日本を代表する自動車メーカーであるホンダはIBMと協働でビッグデータを活用した製造プロセス改善に取り組んでいます。同社が販売する電気自動車においてもビッグデータが活用されており、電気自動車のカギであるバッテリーに搭載されたセンサーから送信されるデータを収集して品質の改善に取り組んでいます。電気自動車のバッテリーは依然としてパフォーマンスが安定しないという課題があり、走行環境や使用状況に応じたパフォーマンスの変化を常時把握する事でバッテリー性能の改善に繋げています。

シーメンスのビッグデータ活用 企業名/シーメンス ドイツ

シーメンス
http://insidebigdata.com/2015/04/28/big-data-for-manufacturing-case-study-omneo/

「Omneo」はシーメンスが製造業向けに提供する、サプライチェーンマネージメントソフトウェアです。
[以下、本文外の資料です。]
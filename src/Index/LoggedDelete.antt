-- ===== src/Index/LoggedDelete.antt =====
-- Deletion logs what it changes.
use miniob4cqu_db_exp.Common.{
  ℕ, zero, suc, ◌+◌, ◌-◌, refl, sym, Bool, true, false, Rc, none, some, [], ltb, leb, ◌==◌,
}
use mathlib.Core.List.{append-nil}
use miniob4cqu_db_exp.Common.Step.{Step, Outcome, done, failed, crash}
use miniob4cqu_db_exp.Index.Page.{IndexKeys, Key, Index}
use miniob4cqu_db_exp.Index.Node.{size}
use miniob4cqu_db_exp.Index.Logged.{
  Ends, Logs, Logs-bind, Logs-return, Logs-crash, Logs-fail, Logs-ignore, if-Logs, case-Logs,
  option-Logs,
}
use miniob4cqu_db_exp.Index.LoggedNode.{
  get_page-Logs, load-Logs, key_at-Logs, value_at-Logs, set_parent_page_num-Logs, remove-Logs,
}
use miniob4cqu_db_exp.Index.LoggedLeaf as LoggedLeaf
use miniob4cqu_db_exp.Index.LoggedInternal as LoggedInternal
use miniob4cqu_db_exp.Index.LoggedTree.{update_root_page_num-Logs, find_leaf-Logs}
use miniob4cqu_db_exp.Index.Internal
use miniob4cqu_db_exp.Index.Tree.{Sizes, max_size, update_root_page_num, find_leaf}
use miniob4cqu_db_exp.Index.Delete.{
  min_size, dispose_page, adjust_root, redistribute, coalesce, coalesce_or_redistribute,
  delete_entry_internal, not_exist_if_empty, delete_entry,
}

module _ (K : IndexKeys) (sizes : Sizes) where
  dispose_page-Logs : (p : ℕ) → Logs K (dispose_page K sizes p)
  unfolding dispose_page
  dispose_page-Logs p s = record { entries = []; log = sym (append-nil s.log); pages = λ q. refl }

  pub adjust_root-Logs : (p : ℕ) → Logs K (adjust_root K sizes p)
  unfolding adjust_root
  adjust_root-Logs p = Logs-bind K _ _ (load-Logs K p) (λ n.
      case-Logs K n.is_leaf _ _
        (case-Logs K (ltb 0 (size K n)) _ _ (Logs-return K tt) (
          Logs-bind K (update_root_page_num K sizes none) _ (update_root_page_num-Logs K sizes none)
            (λ u. dispose_page-Logs p)))
        (Logs-bind K _ _ (value_at-Logs K p 0) (λ c. Logs-bind K _ _ (get_page-Logs K c) (λ u.
          Logs-bind K _ _ (set_parent_page_num-Logs K c none) (λ v.
            Logs-bind K (update_root_page_num K sizes (some c)) _
              (update_root_page_num-Logs K sizes (some c)) (λ w. dispose_page-Logs p))))))

  pub redistribute-Logs :
      (leaf : Bool) (neighbor p parent index : ℕ)
      → Logs K (redistribute K sizes leaf neighbor p parent index)
  unfolding redistribute
  redistribute-Logs leaf neighbor p parent index =
      case-Logs K (index == 0) _ _
        (Logs-bind K _ _
          (Logs-ignore K _ (
            if-Logs K leaf _ _ (LoggedLeaf.move_first_to_end-Logs K neighbor p)
              (LoggedInternal.move_first_to_end-Logs K neighbor p)))
          (λ u.
            Logs-bind K _ _ (key_at-Logs K neighbor 0)
              (λ key. LoggedInternal.set_key_at-Logs K parent (index + 1) key)))
        (Logs-bind K _ _
          (Logs-ignore K _ (
            if-Logs K leaf _ _ (LoggedLeaf.move_last_to_front-Logs K neighbor p)
              (LoggedInternal.move_last_to_front-Logs K neighbor p)))
          (λ u.
            Logs-bind K _ _ (key_at-Logs K p 0)
              (λ key. LoggedInternal.set_key_at-Logs K parent index key)))

  pub coalesce-Logs :
      (leaf : Bool) (up : ℕ → Step (Index K) (Unit {0})) (left right parent index : ℕ)
      → ((q : ℕ) → Logs K (up q))
      → Logs K (coalesce K sizes leaf up left right parent index)
  unfolding coalesce
  coalesce-Logs leaf up left right parent index h =
      Logs-bind K _ _ (remove-Logs K parent index) (λ u.
        Logs-bind K _ _
          (if-Logs K leaf _ _ (LoggedLeaf.move_to-Logs K right left)
            (LoggedInternal.move_to-Logs K right left))
          (λ v.
            Logs-bind K _ _
              (case-Logs K leaf _ _
                (Logs-bind K _ _ (load-Logs K right)
                  (λ n. LoggedLeaf.set_next_page-Logs K left n.next_brother))
                (Logs-return K tt))
              (λ w.
                Logs-bind K (dispose_page K sizes right) _ (dispose_page-Logs right)
                  (λ x. h parent))))

  pub coalesce_or_redistribute-Logs :
      (leaf : Bool) (fuel p : ℕ) → Logs K (coalesce_or_redistribute K sizes leaf fuel p)
  unfolding coalesce_or_redistribute
  coalesce_or_redistribute-Logs leaf zero p = Logs-crash K (Unit {0})
  coalesce_or_redistribute-Logs leaf (suc fuel) p = Logs-bind K _ _ (load-Logs K p) (λ n.
      case-Logs K (leb (min_size K sizes leaf) (size K n)) _ _ (Logs-return K tt) (
        option-Logs K n.parent _ _
          (case-Logs K (ltb 1 (size K n)) _ _ (Logs-return K tt)
            (Logs-ignore K _ (adjust_root-Logs p)))
          (λ parent. Logs-bind K _ _ (get_page-Logs K parent) (λ u.
            Logs-bind K _ _ (load-Logs K parent) (λ above.
              Logs-bind K _ _ (key_at-Logs K p (size K n - 1)) (λ last.
                Logs-bind K _ _ (value_at-Logs K parent (Internal.lookup K above last).0) (λ here.
                  case-Logs K (here == p) _ _
                    (Logs-bind K _ _ (value_at-Logs K parent _) (λ neighbor.
                      Logs-bind K _ _ (get_page-Logs K neighbor) (λ v.
                        Logs-bind K _ _ (load-Logs K neighbor) (λ m.
                          case-Logs K (ltb (max_size K sizes leaf) (size K n + size K m)) _ _
                            (redistribute-Logs leaf neighbor p parent
                              (Internal.lookup K above last).0)
                            (case-Logs K ((Internal.lookup K above last).0 == 0) _ _
                              (coalesce-Logs leaf _ p neighbor parent _
                                (coalesce_or_redistribute-Logs false fuel))
                              (coalesce-Logs leaf _ neighbor p parent _
                                (coalesce_or_redistribute-Logs false fuel)))))))
                    (Logs-crash K (Unit {0})))))))))

  delete_entry_internal-Logs :
      (fuel p : ℕ) (key : Key K) → Logs K (delete_entry_internal K sizes fuel p key)
  unfolding delete_entry_internal
  delete_entry_internal-Logs fuel p key =
      Logs-bind K _ _ (LoggedLeaf.remove_key-Logs K p key) (λ count.
        case-Logs K (count == 0) _ _ (Logs-fail K (Unit {0}) Rc.record_not_exist) (
          Logs-bind K _ _ (load-Logs K p) (λ n.
            case-Logs K (leb (min_size K sizes true) (size K n)) _ _ (Logs-return K tt)
              (coalesce_or_redistribute-Logs true fuel p))))

  not_exist-Ends :
      (s : Index K) (o : Outcome (Index K) ℕ) → Ends K s o → Ends K s (not_exist_if_empty K sizes o)
  not_exist-Ends s (done p t) h = h
  not_exist-Ends s crash h = h
  not_exist-Ends s (failed rc t) h = h

  pub delete_entry-Logs : (fuel : ℕ) (key : Key K) → Logs K (delete_entry K sizes fuel key)
  unfolding delete_entry
  delete_entry-Logs fuel key =
      Logs-bind K (λ s. not_exist_if_empty K sizes (find_leaf K sizes fuel key s)) _
        (λ s. not_exist-Ends s (find_leaf K sizes fuel key s) (find_leaf-Logs K sizes fuel key s))
        (λ leaf. delete_entry_internal-Logs fuel leaf key)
シーメンスはOmneo上でビッグデータ解析が行えるよう、Dell社とCloudera社と協業し、Hadoopベースのデータドリブンな意思決定が可能な、サプライチェーンマネージメントシステムを構築しました。ユーザーは自社のサプライチェーン上で何が起きているかをダッシュボード上で即座に把握する事ができ、問題の解決に必要な分析を瞬時に実行できるようになりました。

製造領域の活用事例を紹介してきました。スマートファクトリーやインダストリー4.0で提唱されているように、今後の工場は世界中に存在するコネクテッドなモノと繋がって自律的に判断・稼働するようになります。地球の裏側の南アメリカで降った雨がきっかけで、日本の工場にある1つの3Dプリンターが製造を開始するかもしれないのです。製造業に限らず、ビッグデータはあらゆるビジネス領域で導入・活用が進んでおり、今回の事例でもあったような、「一人ひとりの社員がビッグデータアナリティクスを活用できる環境」を整備し、競争力をつけようと、データ解析ソリューションの導入や社員教育を進めています。今後も製造現場でのビッグデータ活用から目が離せません。